Техника художественной прозы. Лекции - Замятин Евгений Иванович
Шрифт:
Интервал:
Закладка:
– Не губи ты меня, Марей, я ведь – из Питера.
Проснулся Марей, вскочил, зырк-зырк кругом: никакого оленя, а по воде весла полощут чуть слышно, уж далеко влево еле чернеет стружок, приткнулся к берегу за камнями.
Эх, проспал! Такое зло взяло. И что жалко, и что убьют человека – все забыл, и уж просто как за дичью – ползком, и на четвереньках, и то во весь дух наперерез…
Длинная каменная плешина в лесу. Лес – сзади, лес – впереди Марея, а середина – голая под месяцем.
Марей – в тени под кустом. Глаза и уши – как бритва, сердце молотит. Оттуда, с той стороны плешины, все ближе, все слышнее по лесу легкий, сторожкий хруст. Идет…
Где-нибудь вот тут, в двадцати шагах, через плешину. Вот слышно: остановился, стал забирать влево – и влево на брюхе пополз Марей. Запутался ружьем в валежине, дернул, хрустнуло, замерло. И тот – по другую сторону плешины – затих. Залегли оба, ждали: кто первый выйдет на белую плешь, под выстрелы.
– Эй, Ванька! – зыкнул Марей. – Выходи, что ли, все равно – не уйдешь.
На той стороне тихо. Месяц юркнул в темную норь, белая плешь погасла.
Марей встал. Собрался весь – в пулю – и одним духом через плешь, на ту сторону. Там уже трещало, ломило в кустах – в лес, вглубь!
– Стой-стой-стой, Ванька! Стой, не уйдешь!
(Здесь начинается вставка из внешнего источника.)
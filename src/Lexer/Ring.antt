-- ===== src/Lexer/Ring.antt =====
-- The stream that a lexer stands before: what the ring of lexer.c holds, and what the callback
-- has left.
use htools.Prelude.{
  drop-past, ℕ, zero, suc, ◌+◌, ◌-◌, ◌%◌, ◌^◌, ◌≤◌, ◌<◌, min, bit_and, true, leb, ◌≡◌, inl, inr,
  refl, sym, ap, ◌∙◌, arith, List, [], ◌∷◌, length, get_or, take, drop, add_size, sub_size,
  Bool-cases, leb→le,
}
use htools.Prelude.Bits.{bit_and-mask}
use htools.Lexer.Ops.{Lexer, fill, create, cstr_callback}

-- What a callback must do, as `fread` and `lexer_cstr_callback` do: it delivers as many bytes of
-- the stream as are wanted, and less only at its end.
pub record IsReader (S : Type 0) (callback : S → ℕ → List ℕ × S) (rest : S → List ℕ) : Type 0 where
  pub delivers : (s : S) (n : ℕ) → (callback s n).0 ≡ take n (rest s)
  pub remains : (s : S) (n : ℕ) → rest (callback s n).1 ≡ drop n (rest s)

abbrev pub buffered : {S : Type 0} → Lexer S → ℕ
buffered l = l.buf_end - l.ofs

-- The lexer stands before the bytes `xs`.
pub record Holds (S : Type 0) (rest : S → List ℕ) (xs : List ℕ) (l : Lexer S) : Type 0 where
  pub start : l.ofs ≤ l.buf_end
  pub room : l.buf_end ≤ l.ofs + 256
  pub small : l.ofs + length xs + 512 < 2 ^ 64
  pub enough : buffered l ≤ length xs
  pub ring : (k : ℕ) → k < buffered l → l.buf ((l.ofs + k) % 256) ≡ get_or xs k 0
  pub beyond : rest l.source ≡ drop (buffered l) xs
  pub closed : l.buf_ended ≡ true → rest l.source ≡ []

pub get_or-drop : (xs : List ℕ) (n k : ℕ) → get_or (drop n xs) k 0 ≡ get_or xs (n + k) 0
get_or-drop xs zero k = ap (λ (i : ℕ). get_or xs i 0) (omega arith)
get_or-drop [] (suc n) k = refl
get_or-drop (x ∷ xs) (suc n) k =
    let e : suc n + k ≡ suc (n + k) = omega arith in
    get_or-drop xs n k ∙ sym (ap (λ (i : ℕ). get_or (x ∷ xs) i 0) e)

pub get_or-take :
    (xs : List ℕ) (n k d : ℕ) → k < n → k < length xs → get_or (take n xs) k d ≡ get_or xs k 0
get_or-take xs zero k d h lt = absurd (omega arith)
get_or-take [] (suc n) k d h lt = absurd (omega arith)
get_or-take (x ∷ xs) (suc n) zero d h lt = refl
get_or-take (x ∷ xs) (suc n) (suc k) d h lt = get_or-take xs n k d (omega arith) (omega arith)

take-min : (n : ℕ) (xs : List ℕ) → take (min (length xs) n) xs ≡ take n xs
take-min zero xs = let e : min (length xs) 0 ≡ 0 = omega arith in ap (λ (k : ℕ). take k xs) e
take-min (suc n) [] = let e : min 0 (suc n) ≡ 0 = omega arith in ap (λ (k : ℕ). take {A = ℕ} k []) e
take-min (suc n) (x ∷ xs) =
    let e : min (suc (length xs)) (suc n) ≡ suc (min (length xs) n) = omega arith in
    ap (λ (k : ℕ). take k (x ∷ xs)) e ∙ ap (λ (ys : List ℕ). x ∷ ys) (take-min n xs)

-- `lexer_cstr_callback` delivers the characters of a C string one after the other.
pub cstr_callback-IsReader : IsReader (List ℕ) cstr_callback (λ s. s)
unfolding cstr_callback
cstr_callback-IsReader = record { delivers = λ s n. take-min n s; remains = drop-min }
  where
    drop-min : (s : List ℕ) (n : ℕ) → drop (min (length s) n) s ≡ drop n s
    drop-min s n = elim (Bool-cases (leb n (length s))) [
      | inl le ↦ ap (λ (k : ℕ). drop k s) (omega (arith, leb→le n (length s) le))
      | inr gt ↦
          let past : length s ≤ n = ground arith in
          drop-past _ s (omega arith) ∙ sym (drop-past n s past)
    ]

-- A new lexer stands before the whole stream of its callback, if `size_t` can count it.
pub create-Holds :
    {S : Type 0} (rest : S → List ℕ) (s : S)
    → length (rest s) + 512 < 2 ^ 64
    → Holds S rest (rest s) (create s)
unfolding create
create-Holds rest s h = record {
  start = omega arith;
  room = omega arith;
  small = omega arith;
  enough = omega arith;
  ring = λ k lt. absurd (omega arith);
  beyond = refl;
  closed = λ e. cc;
}

module _ {S : Type 0} (callback : S → ℕ → List ℕ × S) (junk : ℕ → ℕ) where
  module _ (l : Lexer S) (len : ℕ) (got : List ℕ) (small : l.buf_end + 512 < 2 ^ 64) (pos : 0 < len)
      (le : len ≤ 256) where
    -- The ring behind a refill.
    pub fill-new :
        (k : ℕ)
        → k < length got
        → length got ≤ len
        → (fill callback junk l len got).buf ((l.buf_end + k) % 256) ≡ get_or got k (junk k)
    unfolding fill
    fill-new k h le' =
        let src : ℕ → ℕ = λ i. get_or got i (junk i) in
        let first = bit_and 255 l.buf_end in
        let m1 = bit_and-mask 8 l.buf_end in
        let m2 = bit_and-mask 8 (sub_size (add_size l.buf_end len) 1) in
        let j = (l.buf_end + k) % 256 in
        let low : first ≤ j → src (0 + (j - first)) ≡ src k = λ x. ap src (omega (arith, m1)) in
        let high : j < first → src (sub_size 256 first + (j - 0)) ≡ src k =
          λ x. ap src (omega (arith, m1)) in
        ground (arith, m1, m2, low, high)

    pub fill-old :
        (j : ℕ)
        → l.ofs ≤ j
        → j < l.buf_end
        → l.buf_end + len ≤ l.ofs + 256
        → (fill callback junk l len got).buf (j % 256) ≡ l.buf (j % 256)
    unfolding fill
    fill-old j h lt room =
        ground
          (arith, bit_and-mask 8 l.buf_end, bit_and-mask 8 (sub_size (add_size l.buf_end len) 1))
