-- ===== src/Lexer/Peek.antt =====
-- `peek_char` of lexer.c as a look at the stream.
use htools.Prelude.{
  drop-past, drop-drop, ℕ, ◌+◌, ◌-◌, ◌%◌, ◌^◌, ◌≤◌, ◌<◌, min, bit_and, Bool, true, false, ltb, leb,
  ◌==◌, if◌then◌else◌, ◌≡◌, ◌⊎◌, inl, inr, refl, sym, ap, ◌∙◌, arith, List, length, get_or, take,
  drop, add_size, sub_size, length-take, length-drop, Bool-cases, ltb→lt, lt→ltb, leb→le,
}
use mathlib.Core.Path.{subst}
use htools.Prelude.Bits.{bit_and-mask}
use htools.Lexer.Ops.{overflow, Lexer, eof, int_of_char, fill, peek_char}
use htools.Lexer.Ring.{IsReader, buffered, Holds, get_or-drop, get_or-take, fill-new, fill-old}

-- What `peek_char` at `k` does: it keeps the stream, and everything up to `k` that the stream
-- holds is in the ring behind it.
pub record Peeks (S : Type 0) (rest : S → List ℕ) (xs : List ℕ) (k : ℕ) (l : Lexer S)
    (r : Lexer S × ℕ) : Type 0 where
  pub holds : Holds S rest xs r.0
  pub value : r.1 ≡ (if ltb k (length xs) then int_of_char (get_or xs k 0) else eof)
  pub ready : min (k + 1) (length xs) ≤ buffered r.0
  pub ofs : r.0.ofs ≡ l.ofs
  pub line_no : r.0.line_no ≡ l.line_no
  pub col_no : r.0.col_no ≡ l.col_no
  pub error : r.0.error ≡ l.error

-- The branches of `peek_char`.
choose :
    {A : Type 0} (P : A → Type 0) (a b c d : Bool) (u v w x y : A)
    → a ≡ false
    → (b ≡ true → P v)
    → (b ≡ false → c ≡ true → P w)
    → (b ≡ false → c ≡ false → d ≡ true → P x)
    → (b ≡ false → c ≡ false → d ≡ false → P y)
    → P (if a then u else if b then v else if c then w else if d then x else y)
choose P true b c d u v w x y e f g h k = cc
choose P false true c d u v w x y e f g h k = f refl
choose P false false true d u v w x y e f g h k = g refl refl
choose P false false false true u v w x y e f g h k = h refl refl refl
choose P false false false false u v w x y e f g h k = k refl refl refl

-- A character that is in the ring is read from it, and nothing else happens.
pub peek_char-ring :
    {S : Type 0} (callback : S → ℕ → List ℕ × S) (junk : ℕ → ℕ) (l : Lexer S) (k : ℕ)
    → k < 256
    → l.ofs + k < l.buf_end
    → l.buf_end < 2 ^ 64
    → (peek_char callback junk l k).0 ≡ l
unfolding peek_char
peek_char-ring callback junk l k lt h small =
    let here : leb 256 k ≡ false = ground arith in
    let inside : ltb (add_size l.ofs k) l.buf_end ≡ true = ground arith in rw (here, inside) refl

module _ {S : Type 0} (rest : S → List ℕ) (xs : List ℕ) (l : Lexer S) (h : Holds S rest xs l) where
  same-Peeks :
      (k : ℕ) → k < buffered l → Peeks S rest xs k l (l, int_of_char (l.buf ((l.ofs + k) % 256)))
  same-Peeks k lt = record {
    holds = h;
    value = ap int_of_char (h.ring k lt) ∙ inside;
    ready = omega (arith, h.enough);
    ofs = refl;
    line_no = refl;
    col_no = refl;
    error = refl;
  }
    where
      inside :
          int_of_char (get_or xs k 0)
          ≡ (if ltb k (length xs) then int_of_char (get_or xs k 0) else eof)
      inside = rw (lt→ltb k (length xs) (omega (arith, h.enough))) refl

-- Beyond the buffer `peek_char` does nothing.
pub peek_char-overflow :
    {S : Type 0} (callback : S → ℕ → List ℕ × S) (junk : ℕ → ℕ) (l : Lexer S) (k : ℕ)
    → 256 ≤ k
    → peek_char callback junk l k ≡ (l, overflow)
unfolding peek_char
peek_char-overflow callback junk l k h = let far : leb 256 k ≡ true = ground arith in rw far refl

module _ {S : Type 0} (callback : S → ℕ → List ℕ × S) (junk : ℕ → ℕ) (rest : S → List ℕ)
    (reader : IsReader S callback rest) (xs : List ℕ) (l : Lexer S) (h : Holds S rest xs l) where
  abbrev wanted : ℕ
  wanted = sub_size 256 (sub_size l.buf_end l.ofs)

  abbrev got : List ℕ
  got = (callback l.source wanted).0

  abbrev refilled : Lexer S
  refilled = fill callback junk (record l { source = (callback l.source wanted).1 }) wanted got

  wanted-eq : wanted ≡ 256 - buffered l
  wanted-eq = omega (arith, h.start, h.room, h.small, h.enough)

  got-eq : got ≡ take wanted (drop (buffered l) xs)
  got-eq = reader.delivers l.source wanted ∙ ap (take wanted) h.beyond

  length-got : length got ≡ min wanted (length xs - buffered l)
  length-got = omega (
    arith,
    ap length got-eq,
    length-take wanted (drop (buffered l) xs),
    length-drop (buffered l) xs,
  )

  got-at : (i d : ℕ) → i < length got → get_or got i d ≡ get_or xs (buffered l + i) 0
  got-at i d lt =
      ap (λ (ys : List ℕ). get_or ys i d) got-eq
      ∙ get_or-take (drop (buffered l) xs) wanted i d (omega (arith, length-got))
          (omega (arith, length-got, length-drop (buffered l) xs))
      ∙ get_or-drop xs (buffered l) i

  buffered-refilled : buffered refilled ≡ buffered l + length got
  unfolding fill
  buffered-refilled = omega (arith, h.start, h.small, h.enough, length-got)

  refilled-ring :
      buffered l < 256
      → (k : ℕ) → k < buffered refilled
      → refilled.buf ((l.ofs + k) % 256) ≡ get_or xs k 0
  refilled-ring lt k less =
      let small : l.buf_end + 512 < 2 ^ 64 = omega (arith, h.start, h.small, h.enough) in
      elim (Bool-cases (ltb k (buffered l))) [
        | inl old ↦
            fill-old callback junk _ wanted got small (omega (arith, wanted-eq))
              (omega (arith, wanted-eq)) (l.ofs + k) (omega arith)
              (omega (arith, ltb→lt k (buffered l) old, h.start))
              (omega (arith, wanted-eq, h.start, h.room))
            ∙ h.ring k (ltb→lt _ _ old)
        | inr new ↦
            let i = k - buffered l in
            let le : buffered l ≤ k = ground arith in
            let inside : i < length got = omega (arith, buffered-refilled) in
            let at : (l.ofs + k) % 256 ≡ (l.buf_end + i) % 256 =
              ap (λ (n : ℕ). n % 256) (omega (arith, h.start)) in
            let back : buffered l + i ≡ k = omega arith in
            ap refilled.buf at
            ∙ fill-new callback junk _ wanted got small (omega (arith, wanted-eq))
                (omega (arith, wanted-eq)) i inside (omega (arith, length-got))
            ∙ got-at i (junk i) inside
            ∙ ap (λ (n : ℕ). get_or xs n 0) back
      ]

  refilled-Holds : buffered l < 256 → l.buf_ended ≡ false → Holds S rest xs refilled
  unfolding fill
  refilled-Holds lt open_ = record {
    start = omega (arith, h.start, h.small, length-got, h.enough);
    room = omega (arith, h.start, h.room, h.small, length-got, h.enough, wanted-eq);
    small = h.small;
    enough = omega (arith, buffered-refilled, length-got, h.enough);
    ring = refilled-ring lt;
    beyond = left ∙ cut;
    closed = λ e. left ∙ drop-past (buffered l + wanted) xs (ended e);
  }
    where
      left : rest (callback l.source wanted).1 ≡ drop (buffered l + wanted) xs
      left =
          reader.remains l.source wanted
          ∙ ap (drop wanted) h.beyond
          ∙ drop-drop (buffered l) wanted xs

      cut : drop (buffered l + wanted) xs ≡ drop (buffered refilled) xs
      cut = elim (Bool-cases (leb (buffered l + wanted) (length xs))) [
        | inl le ↦
            ap (λ (n : ℕ). drop n xs) (omega (arith, leb→le _ _ le, buffered-refilled, length-got))
        | inr gt ↦
            let past : length xs ≤ buffered l + wanted = ground arith in
            drop-past _ xs past
            ∙ sym (drop-past _ xs (omega (arith, buffered-refilled, length-got)))
      ]

      ended :
          (if ltb (length got) wanted then true else l.buf_ended) ≡ true
          → length xs ≤ buffered l + wanted
      ended e = ground (arith, length-got)

  at_end-Peeks :
      (k : ℕ) (s : S)
      → Holds S rest xs (record l { source = s })
      → length xs ≤ k
      → length xs ≤ buffered l
      → Peeks S rest xs k l (record l { source = s }, eof)
  at_end-Peeks k s hs le lb = record {
    holds = hs;
    value = ground arith;
    ready = omega arith;
    ofs = refl;
    line_no = refl;
    col_no = refl;
    error = refl;
  }

  index : (k : ℕ) → k < 256 → bit_and 255 (add_size l.ofs k) ≡ (l.ofs + k) % 256
  index k lt = bit_and-mask 8 (add_size l.ofs k) ∙ omega (arith, h.small)

  more-Peeks :
      (k : ℕ)
      → k < 256
      → buffered l ≤ k
      → (k ≤ buffered l) ⊎ (k < length xs)
      → l.buf_ended ≡ false
      → 0 < length got
      → Peeks S rest xs k l (refilled, int_of_char (refilled.buf ((l.ofs + k) % 256)))
  unfolding fill
  more-Peeks k lt past near open_ more =
      let y = same-Peeks rest xs refilled (refilled-Holds (omega arith) open_) k (reach near) in
      record {
        holds = y.holds;
        value = y.value;
        ready = y.ready;
        ofs = refl;
        line_no = refl;
        col_no = refl;
        error = refl;
      }
    where
      reach : (k ≤ buffered l) ⊎ (k < length xs) → k < buffered refilled
      reach n = ground (arith, buffered-refilled, length-got, wanted-eq)

  empty-Holds :
      length got ≡ 0
      → buffered l < 256
      → Holds S rest xs (record l { source = (callback l.source wanted).1 })
  empty-Holds e lt =
      let all : length xs ≤ buffered l = omega (arith, length-got, wanted-eq) in
      let left =
        reader.remains l.source wanted
        ∙ ap (drop wanted) h.beyond
        ∙ drop-drop (buffered l) wanted xs in
      record {
        start = h.start;
        room = h.room;
        small = h.small;
        enough = h.enough;
        ring = h.ring;
        beyond = left ∙ drop-past _ xs (omega arith) ∙ sym (drop-past _ xs all);
        closed = λ _. left ∙ drop-past _ xs (omega arith);
      }

  -- For a callback that reads a stream in order, `peek_char` at less than 256 looks at the stream,
  -- if all before `k` is in the ring or the stream goes on at `k`: it returns the character there,
  -- or `PEEK_EOF` behind the end of the stream, and the lexer stands before the same stream.
  pub peek_char-Peeks :
      (k : ℕ)
      → k < 256
      → (k ≤ buffered l) ⊎ (k < length xs)
      → Peeks S rest xs k l (peek_char callback junk l k)
  unfolding peek_char
  peek_char-Peeks k lt near =
      choose (Peeks S rest xs k l) (leb 256 k) (ltb (add_size l.ofs k) l.buf_end) l.buf_ended
        (length got == 0) _ _ _ _ _ (ground arith)
        (λ inside.
          subst (λ n. Peeks S rest xs k l (l, int_of_char (l.buf n))) (sym (index k lt))
            (same-Peeks rest xs l h k (omega (arith, ltb→lt _ _ inside, h.small))))
        (λ outside ended.
          let all : length xs ≤ buffered l =
            omega (
              arith,
              ap length (h.closed ended),
              ap length h.beyond,
              length-drop (buffered l) xs,
            ) in
          at_end-Peeks k l.source h (omega (arith, past outside)) all)
        (λ outside open_ empty.
          let none_ : length got ≡ 0 = ground arith in
          let all : length xs ≤ buffered l = omega (arith, length-got, wanted-eq, past outside) in
          at_end-Peeks k _ (empty-Holds none_ (omega (arith, past outside)))
            (omega (arith, past outside)) all)
        (λ outside open_ more.
          subst (λ n. Peeks S rest xs k l (refilled, int_of_char (refilled.buf n)))
            (sym (index k lt)) (more-Peeks k lt (past outside) near open_ (ground arith)))
    where
      past : ltb (add_size l.ofs k) l.buf_end ≡ false → buffered l ≤ k
      past outside = ground (arith, h.start, h.small, h.enough)
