-- ===== src/Lexer/See.antt =====
-- What `lexer_token_get` sees through `peek_char`: the first 256 characters of ASCII text.
use htools.Prelude.{
  ℕ, zero, suc, ◌+◌, ◌^◌, ◌≤◌, ◌<◌, min, true, false, ltb, ◌==◌, if◌then◌else◌, ◌≡◌, inl, inr, refl,
  sym, ap, ◌∙◌, arith, List, [], ◌∷◌, length, get_or, take, Bool-cases, length-take, ltb→lt,
}
use htools.Lexer.Ops.{Lexer, eof, int_of_char, peek_char}
use htools.Lexer.Ring.{IsReader, buffered, Holds, get_or-take}
use htools.Lexer.Peek.{Peeks, peek_char-Peeks, peek_char-overflow}

abbrev pub IsAscii : List ℕ → Type 0
IsAscii [] = Unit
IsAscii (b ∷ s) = (0 < b) × (b < 128) × IsAscii s

-- An `int` of `peek_char`, 0 for its two marks.
abbrev pub shown : ℕ → ℕ
shown v = if ltb v (2 ^ 31) then v else 0

-- The character at an index, 0 behind the text and behind the buffer.
abbrev pub char_at : List ℕ → ℕ → ℕ
char_at xs k = get_or (take 256 xs) k 0

IsAscii-get :
    (xs : List ℕ) (k : ℕ) → IsAscii xs → k < length xs → (0 < get_or xs k 0) × (get_or xs k 0 < 128)
IsAscii-get [] k h lt = absurd (omega arith)
IsAscii-get (b ∷ xs) zero h lt = (h.0, h.1)
IsAscii-get (b ∷ xs) (suc k) h lt = IsAscii-get xs k h.2 (omega arith)

get_or-past : (xs : List ℕ) (k : ℕ) → length xs ≤ k → get_or xs k 0 ≡ 0
get_or-past [] k h = refl
get_or-past (x ∷ xs) zero h = absurd (omega arith)
get_or-past (x ∷ xs) (suc k) h = get_or-past xs k (omega arith)

module _ (S : Type 0) (rest : S → List ℕ) (xs : List ℕ) where
  -- The lexer as it was, with all before `k` in its ring.
  pub record At (l r : Lexer S) (k : ℕ) : Type 0 where
    pub holds : Holds S rest xs r
    pub ofs : r.ofs ≡ l.ofs
    pub line_no : r.line_no ≡ l.line_no
    pub col_no : r.col_no ≡ l.col_no
    pub error : r.error ≡ l.error
    pub near : k ≤ buffered r

  -- What one look at `k` yields.
  pub record Sees (l : Lexer S) (k : ℕ) (r : Lexer S × ℕ) : Type 0 where
    pub at : At l r.0 k
    pub value : shown r.1 ≡ char_at xs k
    pub next : 0 < char_at xs k → At l r.0 (k + 1)
    pub ended : k < 256 → (r.1 == eof) ≡ (char_at xs k == 0)

pub char_at-inside : (xs : List ℕ) (k : ℕ) → k < 256 → k < length xs → char_at xs k ≡ get_or xs k 0
char_at-inside xs k lt h = get_or-take xs 256 k 0 lt h

pub char_at-past : (xs : List ℕ) (k : ℕ) → min 256 (length xs) ≤ k → char_at xs k ≡ 0
char_at-past xs k h = get_or-past (take 256 xs) k (omega (arith, length-take 256 xs))

module _ {S : Type 0} (callback : S → ℕ → List ℕ × S) (junk : ℕ → ℕ) (rest : S → List ℕ)
    (reader : IsReader S callback rest) (xs : List ℕ) (ascii : IsAscii xs) where
  inside-Sees :
      (l r : Lexer S) (k : ℕ) (q : Lexer S × ℕ)
      → k < 256
      → At S rest xs l r k
      → Peeks S rest xs k r q
      → Sees S rest xs l k q
  inside-Sees l r k q lt a p = record {
    at = at k (omega (arith, p.ready, a.near, a.holds.enough));
    value = elim (Bool-cases (ltb k (length xs))) [
      | inl h ↦
          ap shown (here h)
          ∙ char k (ltb→lt _ _ h) (IsAscii-get xs k ascii (ltb→lt _ _ h))
          ∙ sym (char_at-inside xs k lt (ltb→lt _ _ h))
      | inr h ↦ ap shown (end h) ∙ sym (char_at-past xs k (past h))
    ];
    next = λ more. at (k + 1) (ready more);
    ended = λ lt'. elim (Bool-cases (ltb k (length xs))) [
      | inl h ↦
          ap (λ (v : ℕ). v == eof) (here h)
          ∙ not_eof k (IsAscii-get xs k ascii (ltb→lt _ _ h))
          ∙ ap (λ (v : ℕ). v == 0) (sym (char_at-inside xs k lt (ltb→lt _ _ h)))
      | inr h ↦
          ap (λ (v : ℕ). v == eof) (end h)
          ∙ ap (λ (v : ℕ). v == 0) (sym (char_at-past xs k (past h)))
    ];
  }
    where
      past : ltb k (length xs) ≡ false → min 256 (length xs) ≤ k
      past h = ground arith

      here : ltb k (length xs) ≡ true → q.1 ≡ int_of_char (get_or xs k 0)
      here h = p.value ∙ (rw h refl)

      end : ltb k (length xs) ≡ false → q.1 ≡ eof
      end h = p.value ∙ (rw h refl)

      ready : 0 < char_at xs k → k + 1 ≤ buffered q.0
      ready more = elim (Bool-cases (ltb k (length xs))) [
        | inl h ↦ omega (arith, p.ready, ltb→lt k (length xs) h)
        | inr h ↦ absurd (omega (arith, char_at-past xs k (past h)))
      ]

      at : (n : ℕ) → n ≤ buffered q.0 → At S rest xs l q.0 n
      at n near = record {
        holds = p.holds;
        ofs = p.ofs ∙ a.ofs;
        line_no = p.line_no ∙ a.line_no;
        col_no = p.col_no ∙ a.col_no;
        error = p.error ∙ a.error;
        near = near;
      }

      char :
          (k : ℕ)
          → k < length xs
          → (0 < get_or xs k 0) × (get_or xs k 0 < 128)
          → shown (int_of_char (get_or xs k 0)) ≡ get_or xs k 0
      char k h b = ground (arith, b.0, b.1)

      not_eof :
          (k : ℕ)
          → (0 < get_or xs k 0) × (get_or xs k 0 < 128)
          → (int_of_char (get_or xs k 0) == eof) ≡ (get_or xs k 0 == 0)
      not_eof k b = ground (arith, b.0, b.1)

  pub see :
      (l r : Lexer S) (k : ℕ)
      → At S rest xs l r k
      → Sees S rest xs l k (peek_char callback junk r k)
  see l r k a = elim (Bool-cases (ltb k 256)) [
    | inl lt ↦
        inside-Sees l r k _ (ltb→lt _ _ lt) a
          (peek_char-Peeks callback junk rest reader xs r a.holds k (ltb→lt _ _ lt) (inl a.near))
    | inr ge ↦
        let far : 256 ≤ k = ground arith in
        let gone : char_at xs k ≡ 0 = char_at-past xs k (omega arith) in
        rw (peek_char-overflow callback junk r k far) (record {
          at = a;
          value = sym gone;
          next = λ more. absurd (omega arith);
          ended = λ lt. absurd (omega arith);
        })
  ]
В гущину, в темень влетел Марей, с расскока опрокинул, насел верхом, вязать нагнулся – руки обвисли, ошалел: та самая, рыжая… Вот так Ванька…
– Ты… ты зачем же это… крючки-то? – стоит Марей, ноги расставил, ружье на земле.
А рыжая – лицом в мох, да как зальется в голос, чисто дите, и все пуще. Ну, что ты будешь с ней делать?
– Эх ты, Господи! А ты не реви, ну чего – ну? – и легонько, как дите, погладил ее по голове. А у самого сердце – тук! – тихонько в гнезде повернулось и пошло вниз.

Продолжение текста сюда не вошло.